* [Exercise]
Only one stretch of the listing below is wanted. Give it again exactly, from the line with "(r.id, output)" through the line with "r).allowed_artifacts (status_result body)".

── Excerpted records ──

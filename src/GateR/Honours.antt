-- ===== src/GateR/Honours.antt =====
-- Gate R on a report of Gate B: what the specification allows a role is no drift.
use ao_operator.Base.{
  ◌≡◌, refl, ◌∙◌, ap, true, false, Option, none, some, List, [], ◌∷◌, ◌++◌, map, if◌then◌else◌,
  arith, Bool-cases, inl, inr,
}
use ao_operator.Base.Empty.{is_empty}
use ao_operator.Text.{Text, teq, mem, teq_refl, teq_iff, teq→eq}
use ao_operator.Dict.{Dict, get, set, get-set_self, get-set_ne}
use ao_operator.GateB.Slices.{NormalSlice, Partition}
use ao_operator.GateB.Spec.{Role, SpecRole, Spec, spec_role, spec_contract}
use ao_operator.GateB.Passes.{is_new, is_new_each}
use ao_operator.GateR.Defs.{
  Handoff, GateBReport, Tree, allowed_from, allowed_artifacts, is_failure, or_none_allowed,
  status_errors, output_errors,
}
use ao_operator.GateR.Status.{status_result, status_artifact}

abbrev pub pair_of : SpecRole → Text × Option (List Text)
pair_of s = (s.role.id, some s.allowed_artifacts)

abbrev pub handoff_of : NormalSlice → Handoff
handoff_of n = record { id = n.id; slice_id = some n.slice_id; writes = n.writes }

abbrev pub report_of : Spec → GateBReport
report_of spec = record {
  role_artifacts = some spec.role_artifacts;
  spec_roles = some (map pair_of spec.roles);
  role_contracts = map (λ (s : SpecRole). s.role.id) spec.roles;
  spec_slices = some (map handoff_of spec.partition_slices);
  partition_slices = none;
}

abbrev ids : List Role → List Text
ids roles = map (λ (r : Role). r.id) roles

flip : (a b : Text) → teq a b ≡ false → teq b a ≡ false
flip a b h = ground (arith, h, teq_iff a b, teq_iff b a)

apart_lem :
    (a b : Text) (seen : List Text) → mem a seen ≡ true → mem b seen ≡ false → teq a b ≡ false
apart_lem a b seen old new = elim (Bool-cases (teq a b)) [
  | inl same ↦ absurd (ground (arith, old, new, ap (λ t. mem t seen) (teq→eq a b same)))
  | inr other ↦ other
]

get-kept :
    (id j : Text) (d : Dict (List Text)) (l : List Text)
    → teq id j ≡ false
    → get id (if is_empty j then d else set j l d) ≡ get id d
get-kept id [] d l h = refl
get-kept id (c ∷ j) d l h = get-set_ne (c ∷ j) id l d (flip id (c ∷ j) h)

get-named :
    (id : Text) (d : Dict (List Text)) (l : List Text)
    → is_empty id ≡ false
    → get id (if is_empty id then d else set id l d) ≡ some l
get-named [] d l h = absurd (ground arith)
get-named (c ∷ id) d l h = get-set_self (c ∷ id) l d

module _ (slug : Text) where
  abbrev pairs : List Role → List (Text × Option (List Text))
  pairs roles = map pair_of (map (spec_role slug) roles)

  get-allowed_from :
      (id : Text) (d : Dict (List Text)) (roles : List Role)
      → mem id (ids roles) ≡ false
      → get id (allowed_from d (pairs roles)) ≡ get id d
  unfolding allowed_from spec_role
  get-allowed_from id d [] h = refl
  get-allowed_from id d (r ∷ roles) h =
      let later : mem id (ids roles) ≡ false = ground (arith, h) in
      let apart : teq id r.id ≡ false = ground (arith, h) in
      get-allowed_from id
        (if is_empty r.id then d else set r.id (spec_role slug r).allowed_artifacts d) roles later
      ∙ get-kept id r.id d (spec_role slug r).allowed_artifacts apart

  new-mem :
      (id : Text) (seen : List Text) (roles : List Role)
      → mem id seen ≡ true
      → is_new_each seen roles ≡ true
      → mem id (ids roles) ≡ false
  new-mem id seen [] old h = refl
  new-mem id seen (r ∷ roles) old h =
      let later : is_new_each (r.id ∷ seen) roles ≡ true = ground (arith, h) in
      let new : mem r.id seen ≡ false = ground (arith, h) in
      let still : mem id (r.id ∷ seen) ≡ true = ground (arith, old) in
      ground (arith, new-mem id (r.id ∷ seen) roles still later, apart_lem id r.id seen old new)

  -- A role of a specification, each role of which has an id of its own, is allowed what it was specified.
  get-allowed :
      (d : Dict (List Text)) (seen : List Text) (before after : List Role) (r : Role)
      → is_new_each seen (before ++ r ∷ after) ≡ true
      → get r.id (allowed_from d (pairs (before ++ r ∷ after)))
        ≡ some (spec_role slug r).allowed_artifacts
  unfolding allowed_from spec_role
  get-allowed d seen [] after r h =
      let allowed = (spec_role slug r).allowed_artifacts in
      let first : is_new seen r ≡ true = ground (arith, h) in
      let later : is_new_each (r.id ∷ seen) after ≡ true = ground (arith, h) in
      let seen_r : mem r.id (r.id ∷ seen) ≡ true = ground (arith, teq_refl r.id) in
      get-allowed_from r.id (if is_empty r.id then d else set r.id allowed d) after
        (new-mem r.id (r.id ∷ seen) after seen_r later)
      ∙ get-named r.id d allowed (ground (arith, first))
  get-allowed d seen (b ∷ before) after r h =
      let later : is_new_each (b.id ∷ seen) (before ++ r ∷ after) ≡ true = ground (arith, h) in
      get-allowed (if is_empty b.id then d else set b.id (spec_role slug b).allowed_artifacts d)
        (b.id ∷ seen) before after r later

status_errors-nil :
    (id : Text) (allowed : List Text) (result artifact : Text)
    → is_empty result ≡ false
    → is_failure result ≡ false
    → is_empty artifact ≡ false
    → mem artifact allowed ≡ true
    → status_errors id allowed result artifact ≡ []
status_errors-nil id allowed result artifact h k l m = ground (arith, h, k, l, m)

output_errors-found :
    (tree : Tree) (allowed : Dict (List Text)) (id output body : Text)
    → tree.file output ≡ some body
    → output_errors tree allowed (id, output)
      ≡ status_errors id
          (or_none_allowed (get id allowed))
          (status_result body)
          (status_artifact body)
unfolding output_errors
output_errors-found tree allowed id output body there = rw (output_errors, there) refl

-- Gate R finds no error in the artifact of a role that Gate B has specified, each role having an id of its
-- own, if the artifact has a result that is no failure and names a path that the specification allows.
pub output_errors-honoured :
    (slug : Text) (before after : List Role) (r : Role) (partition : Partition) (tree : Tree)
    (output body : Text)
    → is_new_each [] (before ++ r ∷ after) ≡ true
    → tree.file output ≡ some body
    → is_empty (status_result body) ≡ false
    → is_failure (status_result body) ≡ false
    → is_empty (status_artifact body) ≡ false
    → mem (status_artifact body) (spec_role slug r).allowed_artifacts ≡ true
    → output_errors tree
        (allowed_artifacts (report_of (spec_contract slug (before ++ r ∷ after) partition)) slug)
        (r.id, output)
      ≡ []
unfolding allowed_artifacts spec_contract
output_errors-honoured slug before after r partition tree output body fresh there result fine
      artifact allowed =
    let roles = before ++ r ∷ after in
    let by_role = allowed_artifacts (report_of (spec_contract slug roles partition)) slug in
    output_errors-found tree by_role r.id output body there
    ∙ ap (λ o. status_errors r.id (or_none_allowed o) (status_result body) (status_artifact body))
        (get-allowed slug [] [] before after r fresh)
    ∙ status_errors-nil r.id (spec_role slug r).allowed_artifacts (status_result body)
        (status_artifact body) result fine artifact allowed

───
── Excerpted records ──

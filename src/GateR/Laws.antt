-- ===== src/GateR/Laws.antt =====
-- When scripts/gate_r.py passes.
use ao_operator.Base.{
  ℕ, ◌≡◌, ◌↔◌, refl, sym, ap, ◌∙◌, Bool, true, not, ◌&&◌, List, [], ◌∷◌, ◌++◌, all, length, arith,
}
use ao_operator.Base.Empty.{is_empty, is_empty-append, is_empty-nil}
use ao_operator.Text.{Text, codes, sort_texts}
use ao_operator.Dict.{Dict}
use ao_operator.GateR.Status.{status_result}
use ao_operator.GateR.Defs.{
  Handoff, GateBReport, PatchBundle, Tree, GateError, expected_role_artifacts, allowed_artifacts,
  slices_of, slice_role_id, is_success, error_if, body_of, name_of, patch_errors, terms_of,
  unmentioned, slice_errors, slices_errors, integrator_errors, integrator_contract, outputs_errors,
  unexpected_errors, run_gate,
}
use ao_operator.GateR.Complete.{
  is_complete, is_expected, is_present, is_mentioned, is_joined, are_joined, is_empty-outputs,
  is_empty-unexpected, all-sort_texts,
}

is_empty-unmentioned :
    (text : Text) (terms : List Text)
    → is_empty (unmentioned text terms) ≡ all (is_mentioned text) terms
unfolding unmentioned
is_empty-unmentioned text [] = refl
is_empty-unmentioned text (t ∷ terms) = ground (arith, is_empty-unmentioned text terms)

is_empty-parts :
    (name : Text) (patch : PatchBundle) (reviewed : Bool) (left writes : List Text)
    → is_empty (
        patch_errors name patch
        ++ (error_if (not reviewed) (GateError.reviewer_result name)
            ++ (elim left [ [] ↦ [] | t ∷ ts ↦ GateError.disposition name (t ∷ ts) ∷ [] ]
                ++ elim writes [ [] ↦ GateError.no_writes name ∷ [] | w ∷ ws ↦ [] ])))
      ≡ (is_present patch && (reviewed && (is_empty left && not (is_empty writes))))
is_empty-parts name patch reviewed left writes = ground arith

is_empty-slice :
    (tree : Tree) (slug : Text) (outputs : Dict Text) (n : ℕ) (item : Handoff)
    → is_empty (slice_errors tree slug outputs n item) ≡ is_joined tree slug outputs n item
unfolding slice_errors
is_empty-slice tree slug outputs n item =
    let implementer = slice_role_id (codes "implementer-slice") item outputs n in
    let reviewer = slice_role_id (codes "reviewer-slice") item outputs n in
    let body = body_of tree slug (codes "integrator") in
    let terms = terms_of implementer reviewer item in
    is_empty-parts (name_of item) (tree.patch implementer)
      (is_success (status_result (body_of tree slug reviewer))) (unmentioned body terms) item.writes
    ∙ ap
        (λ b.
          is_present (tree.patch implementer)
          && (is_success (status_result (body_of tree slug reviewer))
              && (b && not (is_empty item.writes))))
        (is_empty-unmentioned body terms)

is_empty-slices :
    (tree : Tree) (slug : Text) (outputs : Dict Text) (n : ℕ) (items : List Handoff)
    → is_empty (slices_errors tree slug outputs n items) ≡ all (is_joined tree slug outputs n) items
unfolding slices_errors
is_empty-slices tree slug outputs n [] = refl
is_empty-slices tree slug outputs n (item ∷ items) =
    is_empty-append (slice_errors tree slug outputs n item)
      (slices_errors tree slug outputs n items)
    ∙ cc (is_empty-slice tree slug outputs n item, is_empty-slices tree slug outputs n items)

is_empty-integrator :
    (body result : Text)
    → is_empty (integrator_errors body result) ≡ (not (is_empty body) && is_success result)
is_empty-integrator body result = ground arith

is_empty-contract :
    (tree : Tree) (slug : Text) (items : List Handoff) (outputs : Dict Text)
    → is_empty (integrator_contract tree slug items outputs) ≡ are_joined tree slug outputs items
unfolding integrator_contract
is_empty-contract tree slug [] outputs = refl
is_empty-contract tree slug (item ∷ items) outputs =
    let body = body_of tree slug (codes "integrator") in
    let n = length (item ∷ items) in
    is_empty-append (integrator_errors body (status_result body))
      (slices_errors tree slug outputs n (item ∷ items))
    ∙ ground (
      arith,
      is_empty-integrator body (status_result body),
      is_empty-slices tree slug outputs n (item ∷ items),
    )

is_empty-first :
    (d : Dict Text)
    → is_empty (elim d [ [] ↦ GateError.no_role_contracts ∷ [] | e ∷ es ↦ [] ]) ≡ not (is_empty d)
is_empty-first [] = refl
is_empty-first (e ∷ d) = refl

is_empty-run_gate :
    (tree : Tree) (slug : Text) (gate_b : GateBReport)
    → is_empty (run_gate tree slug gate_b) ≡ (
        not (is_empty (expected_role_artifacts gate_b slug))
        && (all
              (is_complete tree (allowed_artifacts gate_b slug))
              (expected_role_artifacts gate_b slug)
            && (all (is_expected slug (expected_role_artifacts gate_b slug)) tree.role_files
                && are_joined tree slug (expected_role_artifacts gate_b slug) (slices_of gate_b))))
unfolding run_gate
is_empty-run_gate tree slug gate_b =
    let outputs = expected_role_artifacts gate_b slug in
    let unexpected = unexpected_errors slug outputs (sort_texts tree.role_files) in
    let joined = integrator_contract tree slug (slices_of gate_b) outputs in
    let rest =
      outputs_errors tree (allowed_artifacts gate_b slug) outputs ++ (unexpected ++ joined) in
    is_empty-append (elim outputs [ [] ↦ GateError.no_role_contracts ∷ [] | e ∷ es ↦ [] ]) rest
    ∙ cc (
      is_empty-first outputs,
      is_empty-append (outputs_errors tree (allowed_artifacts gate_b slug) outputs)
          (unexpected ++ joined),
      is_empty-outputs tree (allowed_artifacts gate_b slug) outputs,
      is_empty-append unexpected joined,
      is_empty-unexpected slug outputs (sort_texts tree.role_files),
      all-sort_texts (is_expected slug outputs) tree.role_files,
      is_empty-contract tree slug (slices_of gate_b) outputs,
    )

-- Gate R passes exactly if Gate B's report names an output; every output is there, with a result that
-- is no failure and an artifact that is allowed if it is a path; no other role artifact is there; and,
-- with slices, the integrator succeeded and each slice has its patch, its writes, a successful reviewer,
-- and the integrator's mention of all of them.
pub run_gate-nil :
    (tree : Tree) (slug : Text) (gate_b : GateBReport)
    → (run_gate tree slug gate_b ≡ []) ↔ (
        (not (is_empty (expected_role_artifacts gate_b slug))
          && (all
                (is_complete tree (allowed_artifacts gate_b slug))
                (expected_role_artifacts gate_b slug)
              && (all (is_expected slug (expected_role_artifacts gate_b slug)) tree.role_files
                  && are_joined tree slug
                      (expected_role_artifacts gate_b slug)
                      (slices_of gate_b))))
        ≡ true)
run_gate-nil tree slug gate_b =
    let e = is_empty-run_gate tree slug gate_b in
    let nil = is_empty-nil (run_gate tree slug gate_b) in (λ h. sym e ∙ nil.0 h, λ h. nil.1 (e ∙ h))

───
── Excerpted records ──

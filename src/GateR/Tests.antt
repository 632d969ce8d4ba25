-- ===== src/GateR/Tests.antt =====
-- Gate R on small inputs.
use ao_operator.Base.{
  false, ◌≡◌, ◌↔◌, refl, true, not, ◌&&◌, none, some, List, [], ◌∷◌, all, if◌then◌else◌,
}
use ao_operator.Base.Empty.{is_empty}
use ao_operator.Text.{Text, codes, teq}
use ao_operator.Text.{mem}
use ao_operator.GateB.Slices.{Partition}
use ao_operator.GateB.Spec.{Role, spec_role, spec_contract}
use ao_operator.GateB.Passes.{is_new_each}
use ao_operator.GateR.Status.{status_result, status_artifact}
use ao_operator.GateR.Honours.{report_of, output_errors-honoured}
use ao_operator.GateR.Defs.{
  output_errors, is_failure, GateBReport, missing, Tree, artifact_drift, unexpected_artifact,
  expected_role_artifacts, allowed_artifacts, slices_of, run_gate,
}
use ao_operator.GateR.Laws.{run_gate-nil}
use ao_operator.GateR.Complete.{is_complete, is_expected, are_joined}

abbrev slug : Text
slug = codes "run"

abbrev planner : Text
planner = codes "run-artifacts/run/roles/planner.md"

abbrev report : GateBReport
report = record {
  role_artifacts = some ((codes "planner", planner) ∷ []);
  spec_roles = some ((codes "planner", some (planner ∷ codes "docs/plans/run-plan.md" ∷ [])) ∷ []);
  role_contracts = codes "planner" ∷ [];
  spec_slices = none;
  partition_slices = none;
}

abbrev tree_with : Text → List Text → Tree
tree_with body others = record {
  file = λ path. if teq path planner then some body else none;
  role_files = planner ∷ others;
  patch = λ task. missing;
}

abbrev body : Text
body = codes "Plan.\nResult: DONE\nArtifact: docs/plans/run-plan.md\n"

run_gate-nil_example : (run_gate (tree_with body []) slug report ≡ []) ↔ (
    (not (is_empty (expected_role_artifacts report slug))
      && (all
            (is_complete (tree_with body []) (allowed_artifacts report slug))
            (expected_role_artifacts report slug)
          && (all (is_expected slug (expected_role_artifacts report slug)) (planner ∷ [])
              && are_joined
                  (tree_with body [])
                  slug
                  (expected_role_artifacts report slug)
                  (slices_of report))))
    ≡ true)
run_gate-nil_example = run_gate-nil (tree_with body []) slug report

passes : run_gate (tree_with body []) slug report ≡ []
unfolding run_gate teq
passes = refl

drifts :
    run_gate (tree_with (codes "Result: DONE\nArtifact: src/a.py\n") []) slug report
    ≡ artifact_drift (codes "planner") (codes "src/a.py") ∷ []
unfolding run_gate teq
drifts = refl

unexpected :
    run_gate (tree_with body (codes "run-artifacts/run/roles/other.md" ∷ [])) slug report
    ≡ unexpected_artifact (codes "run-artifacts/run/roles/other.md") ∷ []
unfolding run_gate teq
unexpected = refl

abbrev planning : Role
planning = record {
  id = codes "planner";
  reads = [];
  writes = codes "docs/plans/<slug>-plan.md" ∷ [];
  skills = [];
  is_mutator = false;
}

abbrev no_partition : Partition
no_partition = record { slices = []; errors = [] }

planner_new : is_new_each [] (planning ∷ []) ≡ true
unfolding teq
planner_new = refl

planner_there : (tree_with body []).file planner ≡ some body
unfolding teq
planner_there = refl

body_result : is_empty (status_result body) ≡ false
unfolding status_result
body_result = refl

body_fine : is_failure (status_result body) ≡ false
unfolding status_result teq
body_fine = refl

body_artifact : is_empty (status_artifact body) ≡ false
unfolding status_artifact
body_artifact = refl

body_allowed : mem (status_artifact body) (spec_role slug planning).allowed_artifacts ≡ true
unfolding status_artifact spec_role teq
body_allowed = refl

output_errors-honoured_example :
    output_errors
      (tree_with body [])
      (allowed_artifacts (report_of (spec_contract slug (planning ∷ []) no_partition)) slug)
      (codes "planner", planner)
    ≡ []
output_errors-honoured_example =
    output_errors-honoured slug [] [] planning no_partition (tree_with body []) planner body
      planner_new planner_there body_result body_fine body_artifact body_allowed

───

* [Your solution]
        (r.id, output)
      ≡ []
unfolding allowed_artifacts spec_contract
output_errors-honoured slug before after r partition tree output body fresh there result fine
      artifact allowed =
    let roles = before ++ r ∷ after in
    let by_role = allowed_artifacts (report_of (spec_contract slug roles partition)) slug in
    output_errors-found tree by_role r.id output body there
    ∙ ap (λ o. status_errors r.id (or_none_allowed o) (status_result body) (status_artifact body))
        (get-allowed slug [] [] before after r fresh)
    ∙ status_errors-nil r.id (spec_role slug r).allowed_artifacts (status_result body)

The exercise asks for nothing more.